Unilateralismo dos EUA compromete seu poder global

GILSON SCHWARTZ
ARTICULISTA DA FOLHA

A supremacia econômica e militar alcançada pelos EUA com o fim da Guerra Fria (pós-1989) afinal gerou um isolamento que pode ser fatal para o seu poder imperial. Nas últimas semanas, após o anúncio de uma nova política externa militarista e unilateral, levantou-se praticamente em todo o mundo uma onda de protestos e reações oficiais, mas também da sociedade civil, contra o império.
No front doméstico as dificuldades também são significativas. Desde o 11 de setembro, a propaganda do governo Bush vem sofrendo uma perda progressiva de aderência. Cresce o número de políticos do Partido Democrata que se opõem abertamente ao presidente.
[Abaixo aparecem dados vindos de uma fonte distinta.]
-- ===== src/Builder.antt =====
-- compiler/cstc_lir_builder/src/builder.cpp: `FnBuilder`, the state in which one function is lowered, and its
-- operations. Scopes, loops and the locals of a scope stand with the innermost or newest first. A failed `assert` or
-- an index that `at` refuses is kept in `failed`, and so is a use of the loop stack through a reference that may
-- dangle; what is built after it has no meaning.
pub mod Steps
pub mod Openings
pub mod Pushes
pub mod Lower
pub mod Fn
pub mod Encode
pub mod Substitution
pub mod Codes
pub mod Keys
pub mod Bounds
pub mod Grow
pub mod Allocs
pub mod Seals
pub mod Keeps
pub mod Computes
pub mod Runs
pub mod Stacks
pub mod Frames
pub mod Values
pub mod Joins
pub mod Plans
pub mod Fors
pub mod Ends
pub mod Scoped
pub mod Places
pub mod Branches
pub mod Parts
pub mod Total
pub mod Starts
pub mod Balance
pub mod Function
mod Examples
use cicest.Prelude.{
  ℕ, zero, suc, ◌-◌, Bool, true, false, not, ◌||◌, List, [], ◌∷◌, ◌++◌, Option, none, some, ltb,
  leb, ◌==◌, if◌then◌else◌, length, get_elem?, get_or,
}
use cicest.Span.{SourceSpan}
use cicest.Symbol.{Symbol, to_uint32}
use cicest.Ty.{Ty}
use cicest.Lir.{
  LirLocalId, LirBlockId, LirStmt, LirTerminator, LirTerminatorNode, LirBasicBlock, LirLocalDecl,
  invalid_local,
}
use cicest.Lir.Const.{is_move_only}

abbrev pub invalid_block : LirBlockId
invalid_block = 4294967295

abbrev pub Bindings : Type 0
Bindings = List (Symbol × LirLocalId)

pub record LoopContext : Type 0 where
  pub continue_target : LirBlockId
  pub break_target : LirBlockId
  pub break_value_local : LirLocalId
  pub preserved_scope_depth : ℕ

-- `scope_` is kept as two stacks of the same height: the bindings of the frames, and their locals.
pub record FnBuilder : Type 0 where
  pub locals : List LirLocalDecl
  pub blocks : List LirBasicBlock
  pub block_has_predecessor : List Bool
  pub current_block : LirBlockId
  pub block_terminated : Bool
  pub scope : List Bindings
  pub scope_locals : List (List LirLocalId)
  pub loop_stack : List LoopContext
  pub return_slot : Option LirLocalId
  pub failed : Bool

abbrev pub new_builder : FnBuilder
new_builder = record {
  locals = [];
  blocks = [];
  block_has_predecessor = [];
  current_block = invalid_block;
  block_terminated = false;
  scope = [];
  scope_locals = [];
  loop_stack = [];
  return_slot = none;
  failed = false;
}

abbrev pub assert : Bool → FnBuilder → FnBuilder
assert c b = record b { failed = b.failed || not c }

abbrev pub set_at {ℓ} : {A : Type ℓ} → ℕ → (A → A) → List A → List A
set_at i f [] = []
set_at zero f (x ∷ xs) = f x ∷ xs
set_at (suc i) f (x ∷ xs) = x ∷ set_at i f xs

abbrev pub record_local : LirLocalId → List (List LirLocalId) → List (List LirLocalId)
record_local id [] = []
record_local id (frame ∷ frames) = (id ∷ frame) ∷ frames

abbrev pub next_local : FnBuilder → LirLocalId
next_local b = to_uint32 (length b.locals)

unfoldable pub alloc_hidden_local : FnBuilder → Ty → Option Symbol → FnBuilder
alloc_hidden_local b type debug_name = record b {
  locals = b.locals ++ record { id = next_local b; type = type; debug_name = debug_name } ∷ [];
}

-- The local that it allocates is `next_local`.
unfoldable pub alloc_local : FnBuilder → Ty → Option Symbol → FnBuilder
alloc_local b type debug_name = record b {
  locals = b.locals ++ record { id = next_local b; type = type; debug_name = debug_name } ∷ [];
  scope_locals = record_local (next_local b) b.scope_locals;
}

abbrev pub next_block : FnBuilder → LirBlockId
next_block b = to_uint32 (length b.blocks)

abbrev pub empty_block : LirBlockId → LirBasicBlock
empty_block id = record {
  id = id;
  stmts = [];
  terminator = record {
    node = LirTerminatorNode.unreachable;
    span = record { start = 0; end = 0 };
  };
}

-- The block that it allocates is `next_block`.
unfoldable pub alloc_block : FnBuilder → FnBuilder
alloc_block b = record b {
  blocks = b.blocks ++ empty_block (next_block b) ∷ [];
  block_has_predecessor = b.block_has_predecessor ++ false ∷ [];
}

unfoldable pub set_current_block : LirBlockId → FnBuilder → FnBuilder
set_current_block id b = record b {
  current_block = id;
  block_terminated = false;
  failed = b.failed || not (ltb id (length b.blocks));
}

-- Read where the assertion on the index holds.
abbrev pub has_predecessor : FnBuilder → LirBlockId → Bool
has_predecessor b id = get_or b.block_has_predecessor id false

abbrev pub push_stmt : LirStmt → LirBasicBlock → LirBasicBlock
push_stmt s block = record block { stmts = block.stmts ++ s ∷ [] }

unfoldable pub emit_stmt : LirStmt → FnBuilder → FnBuilder
emit_stmt s b = record b {
  blocks = set_at b.current_block (push_stmt s) b.blocks;
  failed = b.failed || not (ltb b.current_block (length b.blocks));
}

abbrev pub mark_successor : LirBlockId → FnBuilder → FnBuilder
mark_successor id b = record b {
  block_has_predecessor = set_at id (λ _. true) b.block_has_predecessor;
  failed = b.failed || not (ltb id (length b.block_has_predecessor));
}

unfoldable pub mark_successors : LirTerminatorNode → FnBuilder → FnBuilder
mark_successors (LirTerminatorNode.jump target) b = mark_successor target b
mark_successors (LirTerminatorNode.switch_bool c t f) b = mark_successor f (mark_successor t b)
mark_successors (LirTerminatorNode.return_value v) b = b
mark_successors LirTerminatorNode.unreachable b = b

abbrev pub set_terminator : LirTerminator → LirBasicBlock → LirBasicBlock
set_terminator term block = record block { terminator = term }

abbrev pub write_terminator : LirTerminator → FnBuilder → FnBuilder
write_terminator term b = record b {
  blocks = set_at b.current_block (set_terminator term) b.blocks;
  block_terminated = true;
}

unfoldable pub seal_block : LirTerminatorNode → SourceSpan → FnBuilder → FnBuilder
unfolding mark_successors
seal_block node span b =
    write_terminator (record { node = node; span = span })
      (mark_successors node
        (assert (not b.block_terminated) (assert (ltb b.current_block (length b.blocks)) b)))

unfoldable pub push_scope : FnBuilder → FnBuilder
push_scope b = record b { scope = [] ∷ b.scope; scope_locals = [] ∷ b.scope_locals }

abbrev pub tail_of {ℓ} : {A : Type ℓ} → List A → List A
tail_of [] = []
tail_of (x ∷ xs) = xs

abbrev pub is_empty {ℓ} : {A : Type ℓ} → List A → Bool
is_empty [] = true
is_empty (x ∷ xs) = false

unfoldable pub pop_scope : FnBuilder → FnBuilder
pop_scope b = record b {
  scope = tail_of b.scope;
  scope_locals = tail_of b.scope_locals;
  failed = b.failed || is_empty b.scope;
}

unfoldable pub find_binding : Symbol → Bindings → Option LirLocalId
find_binding name [] = none
find_binding name ((key, id) ∷ rest) = if name == key then some id else find_binding name rest

-- `emplace`: a name that is bound in the frame keeps its local.
unfoldable pub bind_in : Symbol → LirLocalId → Bindings → Bindings
unfolding find_binding
bind_in name id frame = elim (find_binding name frame) [
  | none ↦ (name, id) ∷ frame
  | some _ ↦ frame
]

unfoldable pub bind_top : Symbol → LirLocalId → List Bindings → List Bindings
unfolding bind_in
bind_top name id [] = []
bind_top name id (frame ∷ frames) = bind_in name id frame ∷ frames

unfoldable pub bind : Symbol → LirLocalId → FnBuilder → FnBuilder
bind name id b = record b {
  scope = bind_top name id b.scope;
  failed = b.failed || is_empty b.scope;
}

-- `lookup`, innermost frame first; a name that is not bound fails an assertion.
unfoldable pub lookup : Symbol → List Bindings → Option LirLocalId
unfolding find_binding
lookup name [] = none
lookup name (frame ∷ frames) = elim (find_binding name frame) [
  | some id ↦ some id
  | none ↦ lookup name frames
]

-- One local of a scope that is left.
unfoldable pub emit_drop : SourceSpan → LirLocalId → FnBuilder → FnBuilder
unfolding emit_stmt
emit_drop span id b = elim (get_elem? b.locals id) [
  | none ↦ record b { failed = true }
  | some decl ↦ elim (is_move_only decl.type) [
    | true ↦ emit_stmt (LirStmt.drop_local id span) b
    | false ↦ b
  ]
]

unfoldable pub emit_drops : SourceSpan → List LirLocalId → FnBuilder → FnBuilder
unfolding emit_drop
emit_drops span [] b = b
emit_drops span (id ∷ ids) b = emit_drops span ids (emit_drop span id b)

-- The drops of the `n` innermost scopes.
unfoldable pub emit_frames : SourceSpan → ℕ → List (List LirLocalId) → FnBuilder → FnBuilder
unfolding emit_drops
emit_frames span zero frames b = b
emit_frames span (suc n) [] b = b
emit_frames span (suc n) (frame ∷ frames) b = emit_frames span n frames (emit_drops span frame b)

unfoldable pub emit_scope_drops_to_depth : ℕ → SourceSpan → FnBuilder → FnBuilder
unfolding emit_frames
emit_scope_drops_to_depth target span b =
    emit_frames span (length b.scope - target) b.scope_locals
      (assert (leb target (length b.scope)) b)

unfoldable pub emit_current_scope_drops : SourceSpan → FnBuilder → FnBuilder
unfolding emit_scope_drops_to_depth
emit_current_scope_drops span b =
    emit_scope_drops_to_depth (length b.scope - 1) span (assert (not (is_empty b.scope)) b)

unfoldable pub push_loop : LirBlockId → LirBlockId → LirLocalId → FnBuilder → FnBuilder
push_loop cont brk value b = record b {
  loop_stack =
      record {
        continue_target = cont;
        break_target = brk;
        break_value_local = value;
        preserved_scope_depth = length b.scope;
      }
      ∷ b.loop_stack;
}

unfoldable pub pop_loop : FnBuilder → FnBuilder
pop_loop b = record b {
  loop_stack = tail_of b.loop_stack;
  failed = b.failed || is_empty b.loop_stack;
}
Mas talvez o evento doméstico mais forte seja a paralisação dos portos da Costa Oeste. A paralisação nos maiores portos dos EUA, que já dura uma semana, pode ser decisiva para precipitar uma nova recessão.
Se os portuários não voltarem logo aos seus postos, o comércio das economias asiáticas com os EUA estará a tal ponto comprometido que toda a região mergulhará em nova crise. Nos EUA, as empresas operam com estoques mínimos. Uma interrupção de alguns dias no fornecimento de insumos e componentes compromete rapidamente toda a linha de produção.
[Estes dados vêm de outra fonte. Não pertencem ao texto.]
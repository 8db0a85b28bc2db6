-- ===== src/Builder/Bounds.antt =====
-- compiler/cstc_lir_builder/src/builder.cpp: the ids in what is built name locals and blocks that are there.
use cicest.Prelude.{
  ℕ, suc, ◌≤◌, ◌<◌, ◌≡◌, ◌⊎◌, false, List, [], ◌∷◌, ◌++◌, Option, none, some, All, length,
}
use cicest.Symbol.{to_uint32}
use cicest.Lir.{
  LirOperandKind, LirOperand, LirStructInitField, LirRvalue, LirStmt, LirTerminatorNode,
  LirBasicBlock, LirLocalDecl, LirLocalId, invalid_local,
}
use cicest.Builder.{FnBuilder, LoopContext, Bindings}

abbrev KindIn : ℕ → LirOperandKind → LirLocalId → Type 0
KindIn nl LirOperandKind.const id = Unit
KindIn nl _ id = id < nl

-- Below, `nl` is the number of locals and `nb` that of blocks.
abbrev pub OperandIn : ℕ → LirOperand → Type 0
OperandIn nl op = KindIn nl op.kind op.place.local_id

abbrev pub FieldIn : ℕ → LirStructInitField → Type 0
FieldIn nl f = OperandIn nl f.value

abbrev pub RvalueIn : ℕ → LirRvalue → Type 0
RvalueIn nl (LirRvalue.use_of op) = OperandIn nl op
RvalueIn nl (LirRvalue.borrow place) = place.local_id < nl
RvalueIn nl (LirRvalue.binary_op o a b) = OperandIn nl a × OperandIn nl b
RvalueIn nl (LirRvalue.unary_op o a) = OperandIn nl a
RvalueIn nl (LirRvalue.call name ops) = All (OperandIn nl) ops
RvalueIn nl (LirRvalue.struct_init name fs) = All (FieldIn nl) fs
RvalueIn nl (LirRvalue.enum_variant_ref e v) = Unit

abbrev pub StmtIn : ℕ → LirStmt → Type 0
StmtIn nl (LirStmt.assign place rhs s) = (place.local_id < nl) × RvalueIn nl rhs
StmtIn nl (LirStmt.drop_local id s) = id < nl

abbrev pub ValueIn : ℕ → Option LirOperand → Type 0
ValueIn nl none = Unit
ValueIn nl (some op) = OperandIn nl op

abbrev pub NodeIn : ℕ → ℕ → LirTerminatorNode → Type 0
NodeIn nl nb (LirTerminatorNode.return_value v) = ValueIn nl v
NodeIn nl nb (LirTerminatorNode.jump t) = t < nb
NodeIn nl nb (LirTerminatorNode.switch_bool c t f) = OperandIn nl c × (t < nb) × (f < nb)
NodeIn nl nb LirTerminatorNode.unreachable = Unit

abbrev pub BlockIn : ℕ → ℕ → LirBasicBlock → Type 0
BlockIn nl nb block = All (StmtIn nl) block.stmts × NodeIn nl nb block.terminator.node

abbrev pub LocalsNumbered : ℕ → List LirLocalDecl → Type 0
LocalsNumbered k [] = Unit
LocalsNumbered k (d ∷ ds) = (d.id ≡ to_uint32 k) × LocalsNumbered (suc k) ds

abbrev pub BlocksNumbered : ℕ → List LirBasicBlock → Type 0
BlocksNumbered k [] = Unit
BlocksNumbered k (b ∷ bs) = (b.id ≡ to_uint32 k) × BlocksNumbered (suc k) bs

abbrev pub LoopIn : ℕ → ℕ → ℕ → LoopContext → Type 0
LoopIn nl nb depth ctx =
    (ctx.continue_target < nb)
    × (ctx.break_target < nb)
    × ((ctx.break_value_local ≡ invalid_local) ⊎ (ctx.break_value_local < nl))
    × (ctx.preserved_scope_depth ≤ depth)

abbrev pub SlotIn : ℕ → Option LirLocalId → Type 0
SlotIn nl none = Unit
SlotIn nl (some id) = id < nl

abbrev pub BindingsIn : ℕ → Bindings → Type 0
BindingsIn nl = All (λ b. b.1 < nl)

abbrev pub FrameIn : ℕ → List LirLocalId → Type 0
FrameIn nl = All (λ id. id < nl)

-- What holds of the builder but for its current block.
pub record Sound (b : FnBuilder) : Type 0 where
  pub passed : b.failed ≡ false
  pub local_ids : LocalsNumbered 0 b.locals
  pub block_ids : BlocksNumbered 0 b.blocks
  pub blocks_in : All (BlockIn (length b.locals) (length b.blocks)) b.blocks
  pub flags : length b.block_has_predecessor ≡ length b.blocks
  pub scope_in : All (BindingsIn (length b.locals)) b.scope
  pub frames_in : All (FrameIn (length b.locals)) b.scope_locals
  pub heights : length b.scope_locals ≡ length b.scope
  pub loops_in : All (LoopIn (length b.locals) (length b.blocks) (length b.scope)) b.loop_stack
  pub slot_in : SlotIn (length b.locals) b.return_slot

-- Every id of the builder is in range, and no assertion has failed.
pub record Fits (b : FnBuilder) : Type 0 where
  pub sound : Sound b
  pub current_in : b.current_block < length b.blocks

-- The locals `ms` are the locals `ls`, as they are, with others behind them.
abbrev pub Extends : List LirLocalDecl → List LirLocalDecl → Type 0
Extends ls ms = (ds : List LirLocalDecl) × (ms ≡ ls ++ ds)

-- What a step of the lowering keeps of the builder, but for its scopes.
pub record Grows (b b' : FnBuilder) : Type 0 where
  pub locals_grow : length b.locals ≤ length b'.locals
  pub locals_kept : Extends b.locals b'.locals
  pub blocks_grow : length b.blocks ≤ length b'.blocks
  pub same_loops : b'.loop_stack ≡ b.loop_stack
  pub same_slot : b'.return_slot ≡ b.return_slot

-- A step that leaves every scope's bindings as they were.
pub record Goes (b b' : FnBuilder) : Type 0 where
  pub fits : Fits b'
  pub grows : Grows b b'
  pub same_scope : b'.scope ≡ b.scope

-- A step that neither ends the current block nor starts another.
pub record Calm (b b' : FnBuilder) : Type 0 where
  pub goes : Goes b b'
  pub same_end : b'.block_terminated ≡ b.block_terminated

-- A step that also computes a value.
pub record Lowers (b : FnBuilder) (r : LirOperand × FnBuilder) : Type 0 where
  pub goes : Goes b r.1
  pub value_in : OperandIn (length r.1.locals) r.0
O unilateralismo militarista também tem impactos econômicos negativos. As ameaças ao Iraque já duram oito meses. A tensão permanente força uma alta dos preços do petróleo.
Não é fatal para os EUA, mas complica bastante a situação de economias mais dependentes de importações de petróleo, sobretudo União Européia e Japão. Quanto mais difícil a recuperação nessas regiões, menores as chances de reerguimento da própria economia americana.
O "prêmio de risco" associado à guerra contra o Iraque é situado por especialistas em US$ 8, num preço médio do barril do tipo Brent que chegava, na semana passada, a US$ 29. É o dobro do que custava há 18 meses.
Outro paradoxo da supremacia dos EUA é a tendência do dólar a se valorizar num contexto de crise militar global, ainda que a perda de dinamismo econômico atue no sentido contrário (da desvalorização do dólar).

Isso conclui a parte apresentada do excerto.